# Considering a year in Spain



## Rammi82 (Nov 18, 2021)

Hello
We’re in our 30s with a 10’year old and 3 year old and wish to spend a year in Spain to see if it’s the life for us.

we will not need to work but my partner is a high school science teacher with only basic Spanish language skills -if he wanted to work is it possible ? Maybe in an international school …for us that’s not as big a consideration as to where to settle - though a base to explore from is our preference , somewhere with plenty to do for the two kids and schooling for the eldest. Beach/ town areas preferable

where would you / did you start !


----------



## xabiaxica (Jun 23, 2009)

Rammi82 said:


> Hello
> We’re in our 30s with a 10’year old and 3 year old and wish to spend a year in Spain to see if it’s the life for us.
> 
> we will not need to work but my partner is a high school science teacher with only basic Spanish language skills -if he wanted to work is it possible ? Maybe in an international school …for us that’s not as big a consideration as to where to settle - though a base to explore from is our preference , somewhere with plenty to do for the two kids and schooling for the eldest. Beach/ town areas preferable
> ...


Welcome!

First things first. What passports do you hold? That will make a HUGE difference to the answers to your questions.


----------



## Rammi82 (Nov 18, 2021)

xabiaxica said:


> Welcome!
> 
> First things first. What passports do you hold? That will make a HUGE difference to the answers to your questions.


British x


----------



## Barriej (Jul 23, 2012)

Rammi82 said:


> British x


Unfortunately you cannot just come over for a year, you will need a visa of some sort.
And there are now lots of hoops to jump through. 






Visas (FAQ)







www.exteriores.gob.es





If you follow the link it gives all the information needed.
Read through all of it and then ask questions.

Good luck...


----------



## Rammi82 (Nov 18, 2021)

I understand a visa will be required and financial requirements met which I’ve looked into

at this stage I’m at a general research stage before knowing I want to start a visa process


----------



## Chopera (Apr 22, 2013)

If you can get the visa then I guess your partner could get a job at an International school, many of which I believe offer heavily discounted places to their teachers' children, which might partly solve the main problem of finding a school for the 10 year old. At that age it's a bit risky sending a 10 year old to a Spanish school because they won't have much time to pick up enough Spanish to be ready for secondary school. Language wouldn't be a problem for the 3 year old, although a factor that might influence your decision is which language you want him/her to to be exposed to (Catalan? Valenciano? Basque? Gallego? Whatever it is they speak in Andalucia? or proper Spanish? )


----------



## kaipa (Aug 3, 2013)

Your best bet would be to contact international schools and see what they have to offer. I imagine if a school desperately needed a teacher they would arrange the work Visa but it is probably all a bit new for schools recruiting British teachers. Maybe by next academic year it will be easier. I dont think the pay is anything like what you might earn in UK and despite what you might read Spain is not as cheap as people think. Sure properties outside of the main cities are cheap if you have cash from a UK sale. If you plan on a mortgage and have little savings I wouldn't recommend it. I doubt whether one salary would be sufficient to support a 4 person family.


----------



## proud.to.be.EUROPEAN (Feb 14, 2020)

Rammi82 said:


> I understand a visa will be required and financial requirements met which I’ve looked into
> 
> at this stage I’m at a general research stage before knowing I want to start a visa process


I take it you have also researched UK and ES tax rules and know how double taxation works.
You have also research cost of living in ES for family your size without any income for a year ?


----------



## Barriej (Jul 23, 2012)

Im going to get all sorts of trouble for this but hey... in for a Euro.

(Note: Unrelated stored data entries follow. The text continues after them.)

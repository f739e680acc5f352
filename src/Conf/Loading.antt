-- ===== src/Conf/Loading.antt =====
-- What `loadConf` accepts, and what it returns.
use rit_k8s_rdma_sriov_cni.Base.{
  ◌≡◌, ◌≢◌, refl, ap, ◌∙◌, String, true, false, ◌⊎◌, inl, inr, ◌↔◌, [], arith, eq_iff, text_ne,
  Bool-cases, ◌=?◌,
}
use rit_k8s_rdma_sriov_cni.Go.{Error, errorf, wrapf, Tried-cases, Tried, success, failure}
use rit_k8s_rdma_sriov_cni.Conf.{
  NetConf, if0name_message, check_if0name, is_empty_dpdk, with_defaults, checked, load_conf,
}

-- The names that a pod's interface may not have.
abbrev pub IsReserved : String → Type 0
IsReserved s = (s ≡ "eth0") ⊎ (s ≡ "eth1") ⊎ (s ≡ "lo")

-- What holds of a configuration that `loadConf` has returned.
pub record IsLoaded (n : NetConf) : Type 0 where
  pub name_free : ¬ IsReserved n.if0name
  pub has_dir : n.cni_dir ≢ ""
  pub mode : is_empty_dpdk n.dpdk_conf ≡ false → n.dpdk_mode ≡ true

check_if0name-free : (s : String) → check_if0name s ≡ true → ¬ IsReserved s
unfolding check_if0name
check_if0name-free s h =
    ground (arith, eq_iff "eth0" s, eq_iff "eth1" s, eq_iff "lo" s, eq_iff "" s)

free-check_if0name : (s : String) → ¬ IsReserved s → s ≢ "" → check_if0name s ≡ true
unfolding check_if0name
free-check_if0name s h e =
    ground (arith, eq_iff "eth0" s, eq_iff "eth1" s, eq_iff "lo" s, eq_iff "" s)

name_free : (s : String) → (s ≡ "") ⊎ (check_if0name s ≡ true) → ¬ IsReserved s
name_free s (inl e) = λ r. ground (arith, eq_iff "" "eth0", eq_iff "" "eth1", eq_iff "" "lo")
name_free s (inr h) = check_if0name-free s h

checked-accepts : (m : NetConf) → ¬ IsReserved m.if0name → checked m ≡ success (with_defaults m)
unfolding checked
checked-accepts m h = elim (Bool-cases (m.if0name =? "")) [
  | inl e ↦ rw e
  | inr e ↦ rw (e, free-check_if0name m.if0name h (λ p. cc (e, (eq_iff m.if0name "").1 p)))
]

reserved_checks : (s : String) → IsReserved s → ((s =? "") ≡ false) × (check_if0name s ≡ false)
unfolding check_if0name
reserved_checks s (inl e) = rw e (refl, refl)
reserved_checks s (inr (inl e)) = rw e (refl, refl)
reserved_checks s (inr (inr e)) = rw e (refl, refl)

reserved-checked :
    (m : NetConf) → IsReserved m.if0name → checked m ≡ failure (errorf if0name_message [])
unfolding checked
reserved-checked m r = let (p, q) = reserved_checks m.if0name r in rw (p, q)

checked-IsReserved : (m : NetConf) (e : Error) → checked m ≡ failure e → IsReserved m.if0name
unfolding checked check_if0name
checked-IsReserved m e h = ground (
  arith,
  eq_iff "eth0" m.if0name,
  eq_iff "eth1" m.if0name,
  eq_iff "lo" m.if0name,
  eq_iff "" m.if0name,
  eq_iff m.if0name "",
)

with_defaults_id : (n : NetConf) → IsLoaded n → with_defaults n ≡ n
unfolding with_defaults
with_defaults_id n h = elim (Bool-cases (is_empty_dpdk n.dpdk_conf)) [
  | inl e ↦ rw (e, text_ne n.cni_dir "" h.has_dir)
  | inr e ↦ rw (e, text_ne n.cni_dir "" h.has_dir) (cc (h.mode e))
]

module _ (unmarshal : String → Tried Error NetConf) (bytes : String) where
  -- A text that parses to a configuration that was loaded before is loaded unchanged.
  load_conf_again :
      (n : NetConf)
      → IsLoaded n
      → unmarshal bytes ≡ success n
      → load_conf unmarshal bytes ≡ success n
  unfolding load_conf
  load_conf_again n l h =
      rw (h, load_conf) (checked-accepts n l.name_free ∙ ap success (with_defaults_id n l))

  refused :
      ((e : Error) × (load_conf unmarshal bytes ≡ failure e))
      → ((e : Error) × (unmarshal bytes ≡ failure e))
        ⊎ ((m : NetConf) × (unmarshal bytes ≡ success m) × IsReserved m.if0name)
  unfolding load_conf
  refused (e, h) = elim (Tried-cases (unmarshal bytes)) [
    | inl (e', p) ↦ inl (e', p)
    | inr (m, p) ↦ inr (m, p, checked-IsReserved m e (rw (p, load_conf) at h))
  ]

  fails :
      ((e : Error) × (unmarshal bytes ≡ failure e))
        ⊎ ((m : NetConf) × (unmarshal bytes ≡ success m) × IsReserved m.if0name)
      → (e : Error) × (load_conf unmarshal bytes ≡ failure e)
  unfolding load_conf
  fails (inl (e, h)) = (wrapf "failed to load netconf: %v" [] e, rw (h, load_conf))
  fails (inr (m, h, r)) = (errorf if0name_message [], rw (h, load_conf) (reserved-checked m r))

  -- `loadConf` refuses a text exactly if it does not parse, or names a reserved interface.
  pub load_conf-fails_iff : ((e : Error) × (load_conf unmarshal bytes ≡ failure e)) ↔ (
      ((e : Error) × (unmarshal bytes ≡ failure e))
      ⊎ ((m : NetConf) × (unmarshal bytes ≡ success m) × IsReserved m.if0name))
  load_conf-fails_iff = (refused, fails)
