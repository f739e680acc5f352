-- ===== src/ReleaseCustom.antt =====
-- Giving the VFs of a pod back on DEL, sriov/sriov.go: `releaseVFCustom`. The VF is looked up by the
-- hardware address of the pod's interface.
pub mod Found
use rit_k8s_rdma_sriov_cni.Base.{
  ℕ, zero, suc, ◌+◌, ◌-◌, String, ◌<>◌, Bool, Option, none, some, List, [], ◌∷◌, ◌==◌,
  if◌then◌else◌,
}
use rit_k8s_rdma_sriov_cni.Go.{Error, wrapf, Run, pure, panics, ◌>>=◌, ◌>>◌, ◌orelse◌, deferring}
use rit_k8s_rdma_sriov_cni.Go.Strconv.{itoa}
use rit_k8s_rdma_sriov_cni.Conf.{NetConf, max_shared_vf}
use rit_k8s_rdma_sriov_cni.Host.{Host, Ns, NetInterface, PfInfo, VfInfo}
use rit_k8s_rdma_sriov_cni.Device.{set_vf_bandwidth_limits, get_shared_pf}
use rit_k8s_rdma_sriov_cni.Scratch.{get_net_conf}
use rit_k8s_rdma_sriov_cni.Release.{release_dpdk, sees_shared, detach}

-- An error, with `conf.Sharedvf` as it then is
pub record ReleaseFailure : Type 0 where
  pub shared : Bool
  pub cause : Error

abbrev pub with_flag : Bool → Error → ReleaseFailure
with_flag shared e = record { shared = shared; cause = e }

abbrev pub unreleased : Bool → String → Error → ReleaseFailure
unreleased shared format e = with_flag shared (wrapf format [] e)

module _ {W : Type 0} (h : Host W) where
  named : String → Option VfInfo → Option VfInfo × String → Option VfInfo × String
  named pf_name none later = later
  named pf_name (some vf) later = (some vf, pf_name)

  -- The loop over the PFs; the name stays empty if no VF is found.
  unfoldable pub find_vf_of : String → List PfInfo → Option VfInfo × String
  unfolding named
  find_vf_of mac [] = (none, "")
  find_vf_of mac (pf ∷ pfs) = named pf.name (h.find_associated_mac pf mac) (find_vf_of mac pfs)

  unfoldable pub round_names : String → String → ℕ → Run W Error (String × String)
  round_names pod_if_name pf_name i =
      if i == max_shared_vf
      then (do
        shared_pf ←
            get_shared_pf h.files pf_name orelse wrapf "failed to look up shared PF device: %v:" []
        pure (pod_if_name <> "d" <> itoa (i - 1), shared_pf))
      else pure (pod_if_name, pf_name)

  -- Runs in the first namespace. The number is read through a pointer, which may be nil.
  unfoldable pub reset_found : String → Option VfInfo → Run W Error Unit
  reset_found pf_name none = panics
  reset_found pf_name (some vf) =
      set_vf_bandwidth_limits h.processes pf_name (itoa vf.vf_number) "0" "0"
      orelse wrapf "Failed resetting bandwidth limits: %s" []

  module _ (conf : NetConf) (pod_if_name : String) (initns : Ns) (shared : Bool) where
    unfoldable pub custom_rounds : String → Option VfInfo → ℕ → ℕ → Run W Error Unit
    unfolding round_names reset_found
    custom_rounds pf_name found zero i = pure tt
    custom_rounds pf_name found (suc left) i = do
      (if_name, pf) ← round_names pod_if_name pf_name i
      detach h conf if_name pf initns
      h.do_in_ns initns (reset_found pf_name found)
          orelse wrapf "failed to reset min/max speed: %v" []
      let later = custom_rounds pf_name found left (i + 1)
      if shared then later else pure tt

  -- In the pod's namespace. `conf.Sharedvf`, which the caller's next call reads too, is the result,
  -- and stands beside an error.
  unfoldable pub release_links :
      NetConf → String → Ns → Option VfInfo × String → Run W ReleaseFailure Bool
  release_links conf pod_if_name initns (found, pf_name) = do
    shared ← sees_shared h conf pod_if_name orelse with_flag conf.shared_vf
    custom_rounds conf pod_if_name initns shared pf_name found max_shared_vf 1
        orelse with_flag shared
    pure shared

  unfoldable pub enter_pod :
      NetConf → String → Ns → Ns → Option VfInfo × String → Run W ReleaseFailure Bool
  enter_pod conf pod_if_name netns initns found = do
    h.set_ns netns orelse unreleased conf.shared_vf "failed to enter pod netns %q: %v"
    deferring (h.close_ns netns)
        (deferring (h.set_ns initns) (release_links conf pod_if_name initns found))

  -- Once the DPDK mode is ruled out
  unfoldable pub custom_netdev :
      NetConf → String → Ns → Option VfInfo × String → Run W ReleaseFailure Bool
  custom_netdev conf pod_if_name netns found = do
    initns ←
        h.get_current_ns orelse unreleased conf.shared_vf "failed to get init the current netns: %v"
    deferring (h.close_ns initns) (enter_pod conf pod_if_name netns initns found)

  unfoldable pub release_dpdk_mode : NetConf → NetConf → String → Run W ReleaseFailure Bool
  release_dpdk_mode conf nf pf_name = do
    release_dpdk h nf pf_name orelse with_flag conf.shared_vf
    pure conf.shared_vf

  -- With the pod's namespace open
  unfoldable pub release_by_mode :
      NetConf → NetInterface → String → Ns → List PfInfo → Run W ReleaseFailure Bool
  unfolding release_dpdk_mode
  release_by_mode conf pod_interface cid netns pfs = do
    nf ←
        get_net_conf h.files h.json cid pod_interface.name conf.cni_dir
        orelse with_flag conf.shared_vf
    let found = find_vf_of pod_interface.mac pfs
    if nf.dpdk_mode
        then release_dpdk_mode conf nf found.1
        else custom_netdev conf pod_interface.name netns found

  unfoldable pub release_vf_custom :
      NetConf → NetInterface → String → String → List PfInfo → Run W ReleaseFailure Bool
  release_vf_custom conf pod_interface cid pod_net_ns pfs = do
    netns ←
        h.get_ns pod_net_ns
        orelse unreleased conf.shared_vf "failed to open pod netnamespace %q: %v"
    deferring (h.close_ns netns) (release_by_mode conf pod_interface cid netns pfs)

Have you considered the education implications of 'coming for a year' on the 10 year old?
It might be a fun, fact finding experience for the family but if you decide against it, what damage will you have done to your older child?
After all they will be off to school while the rest of the family is swanning around having fun.

Spending a year in a strange country, trying to learn the language as well as doing the classwork, homework etc, not having many friends (I would have thought that making them will be hard if everyone knows you might not be here next year). And then what happens if you return to the Uk?

Will they have to retake the year they missed in the UK? 
Will all the kids back at home (and possibly the same school) treat them as a bit of a talking point, or worse?
Will they resent you removing them from their friends and school, just to see if you like it in spain?

I know I wouldn't, it was bad enough when we moved from London to Northampton when the kids were early teens. Let alone to a totally different country.
This would be the first thing I would consider and did every time we moved. 
Even to leaving my 27 year old son behind in the Uk when we moved here, we sat down and made sure he was happy.
After all I might need a kidney one day or looked after when I get old 

If it were me (and its not so do what you will) I would see about a 3 month fact finding visit before you commit.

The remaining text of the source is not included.